TASK REQUIREMENTS: Of the lines below, write out exactly those from the line with "abbrev pub score_by_policy" through the line with "if any did_fail results", both included, and skip the rest.

INFORMATION:
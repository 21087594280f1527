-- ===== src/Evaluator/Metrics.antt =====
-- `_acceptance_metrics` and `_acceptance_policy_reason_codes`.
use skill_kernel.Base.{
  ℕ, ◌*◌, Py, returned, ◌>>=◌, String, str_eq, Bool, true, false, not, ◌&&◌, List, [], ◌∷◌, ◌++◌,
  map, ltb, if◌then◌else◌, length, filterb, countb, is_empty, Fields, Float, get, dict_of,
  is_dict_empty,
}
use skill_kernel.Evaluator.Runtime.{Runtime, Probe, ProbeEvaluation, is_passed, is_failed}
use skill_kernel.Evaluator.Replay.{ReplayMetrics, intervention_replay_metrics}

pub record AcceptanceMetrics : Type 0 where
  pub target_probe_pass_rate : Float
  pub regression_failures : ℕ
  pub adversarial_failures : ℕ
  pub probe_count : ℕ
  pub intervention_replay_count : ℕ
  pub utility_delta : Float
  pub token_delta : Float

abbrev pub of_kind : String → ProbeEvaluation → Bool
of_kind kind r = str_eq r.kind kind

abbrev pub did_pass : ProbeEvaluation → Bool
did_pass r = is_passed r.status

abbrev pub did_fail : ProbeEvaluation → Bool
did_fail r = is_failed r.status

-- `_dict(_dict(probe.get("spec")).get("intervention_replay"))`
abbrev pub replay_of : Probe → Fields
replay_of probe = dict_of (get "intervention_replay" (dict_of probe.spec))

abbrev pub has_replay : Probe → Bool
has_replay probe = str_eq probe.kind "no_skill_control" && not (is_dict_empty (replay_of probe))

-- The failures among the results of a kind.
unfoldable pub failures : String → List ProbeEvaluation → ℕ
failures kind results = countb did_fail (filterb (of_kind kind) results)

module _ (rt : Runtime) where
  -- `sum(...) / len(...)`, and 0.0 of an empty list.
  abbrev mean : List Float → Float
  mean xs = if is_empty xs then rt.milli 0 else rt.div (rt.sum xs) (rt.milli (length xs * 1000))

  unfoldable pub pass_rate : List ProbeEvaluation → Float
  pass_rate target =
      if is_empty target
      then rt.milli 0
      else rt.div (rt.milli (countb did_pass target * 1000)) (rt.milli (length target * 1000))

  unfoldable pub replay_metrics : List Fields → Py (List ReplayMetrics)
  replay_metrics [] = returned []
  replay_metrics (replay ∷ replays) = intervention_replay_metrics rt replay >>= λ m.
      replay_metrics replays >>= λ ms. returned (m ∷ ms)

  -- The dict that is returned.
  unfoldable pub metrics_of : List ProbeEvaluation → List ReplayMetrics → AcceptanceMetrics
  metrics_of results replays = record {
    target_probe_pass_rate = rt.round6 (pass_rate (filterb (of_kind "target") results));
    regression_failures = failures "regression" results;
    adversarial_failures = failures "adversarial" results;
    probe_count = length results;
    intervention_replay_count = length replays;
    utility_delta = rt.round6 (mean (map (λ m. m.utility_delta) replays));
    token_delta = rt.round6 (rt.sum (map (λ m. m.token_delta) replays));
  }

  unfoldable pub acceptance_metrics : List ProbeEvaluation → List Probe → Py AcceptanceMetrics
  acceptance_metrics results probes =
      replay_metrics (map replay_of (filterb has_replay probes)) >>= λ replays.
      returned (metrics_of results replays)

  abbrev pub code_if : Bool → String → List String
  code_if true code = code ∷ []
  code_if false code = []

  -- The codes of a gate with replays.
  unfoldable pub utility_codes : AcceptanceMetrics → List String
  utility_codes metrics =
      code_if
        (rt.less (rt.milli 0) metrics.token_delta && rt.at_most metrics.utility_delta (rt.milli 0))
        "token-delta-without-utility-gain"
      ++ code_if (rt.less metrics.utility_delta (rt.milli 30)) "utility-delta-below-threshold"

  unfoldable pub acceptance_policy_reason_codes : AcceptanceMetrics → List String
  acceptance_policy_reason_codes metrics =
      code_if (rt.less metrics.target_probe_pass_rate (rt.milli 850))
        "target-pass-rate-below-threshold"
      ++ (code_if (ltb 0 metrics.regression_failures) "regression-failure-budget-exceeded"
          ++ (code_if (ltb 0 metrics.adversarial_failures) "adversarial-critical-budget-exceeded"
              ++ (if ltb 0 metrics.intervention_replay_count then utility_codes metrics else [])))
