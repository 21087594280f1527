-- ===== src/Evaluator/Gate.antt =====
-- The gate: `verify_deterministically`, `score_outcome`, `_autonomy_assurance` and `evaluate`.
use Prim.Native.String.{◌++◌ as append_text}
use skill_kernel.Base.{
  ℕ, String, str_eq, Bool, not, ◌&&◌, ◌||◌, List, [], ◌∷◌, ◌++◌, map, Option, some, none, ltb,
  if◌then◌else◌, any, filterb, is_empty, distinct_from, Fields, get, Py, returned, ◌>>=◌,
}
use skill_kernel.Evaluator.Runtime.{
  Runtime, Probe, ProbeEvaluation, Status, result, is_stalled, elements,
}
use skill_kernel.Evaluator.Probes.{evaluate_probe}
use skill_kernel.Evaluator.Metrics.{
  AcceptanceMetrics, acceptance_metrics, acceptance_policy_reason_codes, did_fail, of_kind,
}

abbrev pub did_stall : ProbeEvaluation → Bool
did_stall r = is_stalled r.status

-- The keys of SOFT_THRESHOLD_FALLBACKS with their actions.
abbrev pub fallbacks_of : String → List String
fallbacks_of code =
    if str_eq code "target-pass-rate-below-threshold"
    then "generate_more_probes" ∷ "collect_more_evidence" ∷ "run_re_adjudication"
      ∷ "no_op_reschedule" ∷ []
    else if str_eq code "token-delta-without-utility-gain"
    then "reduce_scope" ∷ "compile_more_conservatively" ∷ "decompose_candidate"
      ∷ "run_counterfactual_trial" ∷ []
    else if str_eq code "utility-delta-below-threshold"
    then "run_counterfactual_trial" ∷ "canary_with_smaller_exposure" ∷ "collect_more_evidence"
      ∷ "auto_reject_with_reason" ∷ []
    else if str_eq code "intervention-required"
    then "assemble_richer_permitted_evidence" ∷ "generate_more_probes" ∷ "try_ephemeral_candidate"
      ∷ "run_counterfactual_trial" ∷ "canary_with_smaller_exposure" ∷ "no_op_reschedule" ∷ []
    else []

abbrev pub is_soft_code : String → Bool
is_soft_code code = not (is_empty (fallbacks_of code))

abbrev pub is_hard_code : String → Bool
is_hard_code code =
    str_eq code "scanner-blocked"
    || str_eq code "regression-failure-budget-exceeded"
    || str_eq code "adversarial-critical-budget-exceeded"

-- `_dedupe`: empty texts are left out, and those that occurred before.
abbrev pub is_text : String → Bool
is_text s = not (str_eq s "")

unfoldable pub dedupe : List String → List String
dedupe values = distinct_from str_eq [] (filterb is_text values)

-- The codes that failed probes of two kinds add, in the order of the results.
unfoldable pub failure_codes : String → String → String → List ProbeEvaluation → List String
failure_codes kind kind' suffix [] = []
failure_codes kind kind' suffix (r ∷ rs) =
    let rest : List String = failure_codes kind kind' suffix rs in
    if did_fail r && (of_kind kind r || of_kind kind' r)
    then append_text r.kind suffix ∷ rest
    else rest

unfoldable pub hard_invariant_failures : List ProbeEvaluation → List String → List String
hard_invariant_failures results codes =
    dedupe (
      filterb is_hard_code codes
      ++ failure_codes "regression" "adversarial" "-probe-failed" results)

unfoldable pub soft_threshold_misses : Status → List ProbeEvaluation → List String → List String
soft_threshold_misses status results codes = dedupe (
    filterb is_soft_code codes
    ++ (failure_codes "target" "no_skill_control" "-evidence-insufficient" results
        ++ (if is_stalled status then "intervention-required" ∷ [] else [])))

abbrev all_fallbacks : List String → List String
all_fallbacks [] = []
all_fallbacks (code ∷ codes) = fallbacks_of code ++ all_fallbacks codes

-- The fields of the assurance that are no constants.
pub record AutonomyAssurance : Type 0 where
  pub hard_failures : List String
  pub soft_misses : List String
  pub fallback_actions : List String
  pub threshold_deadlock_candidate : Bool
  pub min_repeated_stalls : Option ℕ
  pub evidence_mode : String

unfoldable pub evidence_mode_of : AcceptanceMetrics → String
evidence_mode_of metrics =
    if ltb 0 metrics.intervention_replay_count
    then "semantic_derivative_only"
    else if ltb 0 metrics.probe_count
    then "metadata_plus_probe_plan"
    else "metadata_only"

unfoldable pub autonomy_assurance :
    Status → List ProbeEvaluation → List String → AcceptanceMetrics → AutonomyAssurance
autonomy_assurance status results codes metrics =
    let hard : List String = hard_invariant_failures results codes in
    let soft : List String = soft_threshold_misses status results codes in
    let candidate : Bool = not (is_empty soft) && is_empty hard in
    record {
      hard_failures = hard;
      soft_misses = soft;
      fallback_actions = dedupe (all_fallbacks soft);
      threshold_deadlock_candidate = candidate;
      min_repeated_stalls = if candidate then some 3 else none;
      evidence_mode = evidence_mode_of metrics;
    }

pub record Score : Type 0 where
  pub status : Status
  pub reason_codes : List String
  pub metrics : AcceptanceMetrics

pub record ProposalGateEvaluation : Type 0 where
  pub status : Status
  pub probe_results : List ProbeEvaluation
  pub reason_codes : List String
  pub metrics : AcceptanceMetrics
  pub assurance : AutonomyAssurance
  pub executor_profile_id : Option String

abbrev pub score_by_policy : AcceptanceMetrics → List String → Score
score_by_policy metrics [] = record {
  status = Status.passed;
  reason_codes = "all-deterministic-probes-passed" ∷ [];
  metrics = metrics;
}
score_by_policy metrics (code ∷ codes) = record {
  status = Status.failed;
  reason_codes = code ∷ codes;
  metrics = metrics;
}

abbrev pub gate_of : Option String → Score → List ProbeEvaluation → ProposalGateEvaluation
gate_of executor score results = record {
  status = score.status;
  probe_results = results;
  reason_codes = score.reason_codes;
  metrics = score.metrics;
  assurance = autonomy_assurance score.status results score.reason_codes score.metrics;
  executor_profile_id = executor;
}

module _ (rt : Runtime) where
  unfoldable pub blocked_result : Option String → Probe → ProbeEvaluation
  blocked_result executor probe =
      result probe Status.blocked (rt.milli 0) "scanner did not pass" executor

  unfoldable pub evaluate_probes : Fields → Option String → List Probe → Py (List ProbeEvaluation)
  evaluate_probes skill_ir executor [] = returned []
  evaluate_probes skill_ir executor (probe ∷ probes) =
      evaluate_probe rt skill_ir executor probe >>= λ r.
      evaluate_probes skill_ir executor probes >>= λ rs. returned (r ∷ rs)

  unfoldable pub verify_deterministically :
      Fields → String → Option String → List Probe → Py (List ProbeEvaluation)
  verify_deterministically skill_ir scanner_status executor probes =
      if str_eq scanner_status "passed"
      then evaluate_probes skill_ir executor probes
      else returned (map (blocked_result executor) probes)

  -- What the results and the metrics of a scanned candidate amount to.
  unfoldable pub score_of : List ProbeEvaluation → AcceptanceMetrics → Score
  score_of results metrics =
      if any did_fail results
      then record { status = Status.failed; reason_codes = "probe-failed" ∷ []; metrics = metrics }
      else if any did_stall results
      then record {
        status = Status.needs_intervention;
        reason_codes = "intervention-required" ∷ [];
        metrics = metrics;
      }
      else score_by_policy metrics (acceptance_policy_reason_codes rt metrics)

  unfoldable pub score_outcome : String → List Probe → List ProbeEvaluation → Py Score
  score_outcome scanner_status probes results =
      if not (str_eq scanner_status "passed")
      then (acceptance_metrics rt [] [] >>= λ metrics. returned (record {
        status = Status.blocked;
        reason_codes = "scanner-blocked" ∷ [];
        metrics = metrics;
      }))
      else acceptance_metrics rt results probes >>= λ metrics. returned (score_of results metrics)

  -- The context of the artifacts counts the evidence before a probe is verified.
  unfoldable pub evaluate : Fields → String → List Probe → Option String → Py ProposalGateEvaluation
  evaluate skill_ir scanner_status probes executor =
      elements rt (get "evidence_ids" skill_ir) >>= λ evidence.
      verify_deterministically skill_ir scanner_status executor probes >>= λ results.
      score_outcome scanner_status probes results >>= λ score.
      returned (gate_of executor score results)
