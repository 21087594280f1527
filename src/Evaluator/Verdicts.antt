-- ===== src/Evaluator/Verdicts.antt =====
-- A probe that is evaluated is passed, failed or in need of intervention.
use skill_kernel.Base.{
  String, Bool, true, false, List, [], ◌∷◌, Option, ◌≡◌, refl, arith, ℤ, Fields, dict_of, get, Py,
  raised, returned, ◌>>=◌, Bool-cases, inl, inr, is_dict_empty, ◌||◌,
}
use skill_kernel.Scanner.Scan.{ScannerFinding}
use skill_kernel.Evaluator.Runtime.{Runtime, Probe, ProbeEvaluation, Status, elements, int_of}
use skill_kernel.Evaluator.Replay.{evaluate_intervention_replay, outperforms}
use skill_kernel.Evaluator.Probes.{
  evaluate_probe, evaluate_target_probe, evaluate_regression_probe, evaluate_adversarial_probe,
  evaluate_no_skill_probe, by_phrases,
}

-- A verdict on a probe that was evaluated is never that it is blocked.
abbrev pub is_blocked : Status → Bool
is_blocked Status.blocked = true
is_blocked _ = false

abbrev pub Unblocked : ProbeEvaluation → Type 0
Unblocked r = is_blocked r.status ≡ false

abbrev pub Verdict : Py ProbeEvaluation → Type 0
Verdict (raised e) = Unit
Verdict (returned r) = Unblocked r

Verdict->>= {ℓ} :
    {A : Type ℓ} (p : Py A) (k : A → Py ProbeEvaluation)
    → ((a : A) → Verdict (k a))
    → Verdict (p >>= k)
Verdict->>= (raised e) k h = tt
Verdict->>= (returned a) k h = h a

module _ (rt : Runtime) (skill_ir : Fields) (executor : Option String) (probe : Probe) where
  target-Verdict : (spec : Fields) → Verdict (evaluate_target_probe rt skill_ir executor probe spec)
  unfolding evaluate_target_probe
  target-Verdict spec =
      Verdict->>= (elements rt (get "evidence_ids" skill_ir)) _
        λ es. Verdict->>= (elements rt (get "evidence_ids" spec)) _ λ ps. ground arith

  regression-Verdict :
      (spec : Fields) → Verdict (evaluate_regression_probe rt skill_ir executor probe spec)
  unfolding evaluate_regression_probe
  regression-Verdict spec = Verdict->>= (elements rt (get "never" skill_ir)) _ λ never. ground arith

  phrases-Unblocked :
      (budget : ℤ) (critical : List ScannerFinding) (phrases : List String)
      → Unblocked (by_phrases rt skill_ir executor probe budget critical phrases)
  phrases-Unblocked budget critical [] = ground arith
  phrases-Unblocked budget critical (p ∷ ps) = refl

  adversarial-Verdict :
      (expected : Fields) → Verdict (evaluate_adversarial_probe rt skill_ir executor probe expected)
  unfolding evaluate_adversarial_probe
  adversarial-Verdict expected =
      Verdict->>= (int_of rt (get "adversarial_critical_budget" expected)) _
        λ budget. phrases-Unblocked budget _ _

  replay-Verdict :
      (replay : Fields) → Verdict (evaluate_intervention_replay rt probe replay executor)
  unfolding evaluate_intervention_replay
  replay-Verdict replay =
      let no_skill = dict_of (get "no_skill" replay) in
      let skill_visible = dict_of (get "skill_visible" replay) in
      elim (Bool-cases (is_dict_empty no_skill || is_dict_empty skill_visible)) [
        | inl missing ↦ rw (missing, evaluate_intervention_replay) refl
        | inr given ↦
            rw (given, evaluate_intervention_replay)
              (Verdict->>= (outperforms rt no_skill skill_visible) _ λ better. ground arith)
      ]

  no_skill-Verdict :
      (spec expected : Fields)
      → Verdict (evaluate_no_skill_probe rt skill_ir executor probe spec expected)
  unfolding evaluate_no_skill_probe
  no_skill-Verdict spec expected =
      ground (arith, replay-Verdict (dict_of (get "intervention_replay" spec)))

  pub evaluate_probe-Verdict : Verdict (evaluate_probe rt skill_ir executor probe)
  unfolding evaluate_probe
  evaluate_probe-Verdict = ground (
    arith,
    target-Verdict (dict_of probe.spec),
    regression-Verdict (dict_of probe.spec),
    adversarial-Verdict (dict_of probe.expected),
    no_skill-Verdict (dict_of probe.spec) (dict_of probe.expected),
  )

OUTPUT FOR THIS TASK:
abbrev pub score_by_policy : AcceptanceMetrics → List String → Score
score_by_policy metrics [] = record {
  status = Status.passed;
  reason_codes = "all-deterministic-probes-passed" ∷ [];
  metrics = metrics;
}
score_by_policy metrics (code ∷ codes) = record {
  status = Status.failed;
  reason_codes = code ∷ codes;
  metrics = metrics;
}

abbrev pub gate_of : Option String → Score → List ProbeEvaluation → ProposalGateEvaluation
gate_of executor score results = record {
  status = score.status;
  probe_results = results;
  reason_codes = score.reason_codes;
  metrics = score.metrics;
  assurance = autonomy_assurance score.status results score.reason_codes score.metrics;
  executor_profile_id = executor;
}

module _ (rt : Runtime) where
  unfoldable pub blocked_result : Option String → Probe → ProbeEvaluation
  blocked_result executor probe =
      result probe Status.blocked (rt.milli 0) "scanner did not pass" executor

  unfoldable pub evaluate_probes : Fields → Option String → List Probe → Py (List ProbeEvaluation)
  evaluate_probes skill_ir executor [] = returned []
  evaluate_probes skill_ir executor (probe ∷ probes) =
      evaluate_probe rt skill_ir executor probe >>= λ r.
      evaluate_probes skill_ir executor probes >>= λ rs. returned (r ∷ rs)

  unfoldable pub verify_deterministically :
      Fields → String → Option String → List Probe → Py (List ProbeEvaluation)
  verify_deterministically skill_ir scanner_status executor probes =
      if str_eq scanner_status "passed"
      then evaluate_probes skill_ir executor probes
      else returned (map (blocked_result executor) probes)

  -- What the results and the metrics of a scanned candidate amount to.
  unfoldable pub score_of : List ProbeEvaluation → AcceptanceMetrics → Score
  score_of results metrics =
      if any did_fail results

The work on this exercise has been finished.